From the line containing "local-IsGood : IsGood local" to the last line of the records below, repeat every line exactly and add nothing else.

Collected data entries
━━━━━━━━━━━━━━━━

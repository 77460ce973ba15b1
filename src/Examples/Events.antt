-- ===== src/Examples/Events.antt =====
-- The pressure curve, the areas, the pressure and the events of tools at concrete inputs.
use linuxwacom.Prelude.{
  ℕ, ◌≤◌, ◌≡◌, refl, ◌&&◌, ◌||◌, not, true, false, Option, none, some, List, [], ◌∷◌, arith,
  nonzero,
}
use linuxwacom.Prelude.Int.{ℤ, pos}
use linuxwacom.Xdrv.Events.{DeviceState}
use linuxwacom.Xdrv.Events
use linuxwacom.Xdrv.Filter.Line.{Curve, filter_line}
use linuxwacom.Xdrv.Filter.Line.Rounded.{line, filter_line-line}
use linuxwacom.Xdrv.Filter.Line.Ends.{is_between, filter_line-ends}
use linuxwacom.Xdrv.Send
use linuxwacom.Xdrv.Send.{origin}
use linuxwacom.Xdrv.Send.Frames.{InOrder, bit-empty, send_run, send_run-InOrder}
use linuxwacom.Xdrv.Select
use linuxwacom.Xdrv.Select.{Place, is_empty, choose_area}
use linuxwacom.Xdrv.Select.Chosen.{has_position, any_in, is_some, choose_area_lem}
use linuxwacom.Xdrv.Pressure
use linuxwacom.Xdrv.Pressure.{normalize}
use linuxwacom.Xdrv.Pressure.Least.{IsLeast, least_of, normalize_bounds, least_of-IsLeast}
use linuxwacom.Xdrv.Usb.Axes.{filter_pressure_res}
use linuxwacom.Xdrv.Common.{Local, World, Setup, dispatches}
use linuxwacom.Xdrv.Common.Good.{IsGood, AllGood, dispatches-AllGood}

abbrev straight : Curve
straight i = i

filter_line-line_example :
    filter_line straight 2048 (pos 10) (pos 500) (pos 1000) (pos 20)
    ≡ some (line straight 10 500 1000 20)
filter_line-line_example =
    filter_line-line straight 2048 10 500 1000 20 (omega arith) (omega arith) (omega arith)
      (omega arith)

filter_line-ends_example :
    (c : Curve) × (filter_line straight 2048 (pos 10) (pos 500) (pos 40) (pos 20) ≡ some c)
    × (c (pos 40) ≡ pos 20)
    × ((k : ℤ) → is_between 10 40 k ≡ false → c k ≡ straight k)
filter_line-ends_example =
    filter_line-ends straight 2048 10 500 40 20 (omega arith) (omega arith) (omega arith)
      (omega arith)

-- A report of a stylus.
abbrev report : ℕ → ℕ → ℕ → ℕ → DeviceState
report near buttons x pressure = record {
  device_id = 0x822;
  device_type = 1;
  serial_num = 0;
  buttons = buttons;
  proximity = near;
  stripx = pos 0;
  stripy = pos 0;
  x = pos x;
  y = pos 70;
  tiltx = pos 0;
  tilty = pos 0;
  pressure = pos pressure;
  throttle = pos 0;
  rotation = pos 0;
  abswheel = pos 0;
  abswheel2 = pos 0;
  relwheel = pos 0;
  distance = pos 0;
  sample = 0;
}

abbrev stylus : Send.Tool
stylus = record {
  id = 1;
  absolute = true;
  buttons_only = false;
  serial = 0;
  has_proximity = true;
  rotation = Events.Rotate.cw;
  max_x = pos 1000;
  max_y = pos 800;
  device = record {
    tpc_button = false;
    is_stylus = true;
    tpc_buttons_flag = false;
    tpc_button_one_flag = false;
    old_buttons = 0;
  };
  old_proximity = 0;
  old = origin;
  current_x = pos 0;
  current_y = pos 0;
  old_device_id = 0;
  old_serial = 0;
}

-- A relative step as it is, and a relative position as it is.
abbrev as_is : Send.Tool → ℤ → ℤ
as_is t v = v

abbrev kept : Send.Tool → ℤ × ℤ → Option (ℤ × ℤ)
kept t p = some p

-- The stylus comes, presses its side switch, and goes.
abbrev reports : List DeviceState
reports = report 1 0 100 0 ∷ report 1 2 120 300 ∷ report 0 0 0 0 ∷ []

send_run-InOrder_example :
    let (ps, t') = send_run as_is as_is reports stylus in
    InOrder (nonzero stylus.old_proximity) ps (nonzero t'.old_proximity)
send_run-InOrder_example = send_run-InOrder as_is as_is reports stylus refl

-- A tool with two areas, in the first of them.
abbrev left : Place
left = record {
  area = record { top_x = pos 0; top_y = pos 0; bottom_x = pos 99; bottom_y = pos 99 };
  device = 0;
}

abbrev right : Place
right = record {
  area = record { top_x = pos 100; top_y = pos 0; bottom_x = pos 199; bottom_y = pos 99 };
  device = 1;
}

abbrev tool : Select.Tool
tool = record { typeid = 1; serial = 0; current = some left; first = left; others = right ∷ [] }

choose_area_lem_example :
    let (out, t') = choose_area (pos 150) (pos 70) tool in
    (has_position (pos 150) (pos 70) t'.current ≡ (
      has_position (pos 150) (pos 70) (some left) || any_in (pos 150) (pos 70) (left ∷ right ∷ [])))
    × (is_some out ≡ (
        is_some (some left)
        && not (has_position (pos 150) (pos 70) (some left))
        && any_in (pos 150) (pos 70) (left ∷ right ∷ [])))
choose_area_lem_example = choose_area_lem (pos 150) (pos 70) tool refl

abbrev pressure_setup : Pressure.Setup
pressure_setup = record { max_z = 1023; threshold = pos 27; no_recal = false; curve = none }

normalize_bounds_example :
    (r : ℕ) × (normalize pressure_setup (pos 23) (pos 523) ≡ pos r)
    × (r ≤ filter_pressure_res)
    × (◌≡◌ {A = ℕ} 523 1023 → r ≡ filter_pressure_res)
    × (523 ≤ 23 → r ≡ 0)
normalize_bounds_example = normalize_bounds pressure_setup 23 523 (omega arith) (omega arith)

least_of-IsLeast_example :
    IsLeast
      (least_of pressure_setup (pos 0) (pos 40) (pos 50 ∷ pos 30 ∷ []))
      (pos 40)
      (pos 50 ∷ pos 30 ∷ [])
least_of-IsLeast_example =
    least_of-IsLeast pressure_setup (pos 0) (pos 40) (pos 50 ∷ pos 30 ∷ []) refl

abbrev local : Local
local = record {
  send = stylus;
  least = pos 0;
  hard_prox = 0;
  more_flags = false;
  usable = true;
  posts = [];
}

abbrev world : World
world = record {
  tools = tool ∷ [];
  devices = λ i. local;
  counter = 0;
  max_cursor_dist = pos 0;
  touchpad = false;
}

abbrev setup : Setup
setup = record {
  pressure = pressure_setup;
  protocol_level = 5;
  proxout_dist = 42;
  touch = false;
  is_intuos = true;
  locals = 0 ∷ 1 ∷ [];
}

local-IsGood : IsGood local
local-IsGood = record {
  held = record {
    step = record { buttons = λ j lt. ground (arith, bit-empty j); one = λ up. refl };
    away = λ gone. refl;
    up = λ gone j lt. refl;
  };
  order = λ has. refl;
}

dispatches-AllGood_example :
    AllGood
      (dispatches as_is as_is kept setup ((1, report 1 2 150 300) ∷ (1, report 0 0 0 0) ∷ []) world)
dispatches-AllGood_example =
    dispatches-AllGood as_is as_is kept setup ((1, report 1 2 150 300) ∷ (1, report 0 0 0 0) ∷ [])
      world (λ i. local-IsGood)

━━━━━━━━━━━━━━━━

■ Written reply ■
local-IsGood : IsGood local
local-IsGood = record {
  held = record {
    step = record { buttons = λ j lt. ground (arith, bit-empty j); one = λ up. refl };
    away = λ gone. refl;
    up = λ gone j lt. refl;
  };
  order = λ has. refl;
}

dispatches-AllGood_example :
    AllGood
      (dispatches as_is as_is kept setup ((1, report 1 2 150 300) ∷ (1, report 0 0 0 0) ∷ []) world)
dispatches-AllGood_example =
    dispatches-AllGood as_is as_is kept setup ((1, report 1 2 150 300) ∷ (1, report 0 0 0 0) ∷ [])
      world (λ i. local-IsGood)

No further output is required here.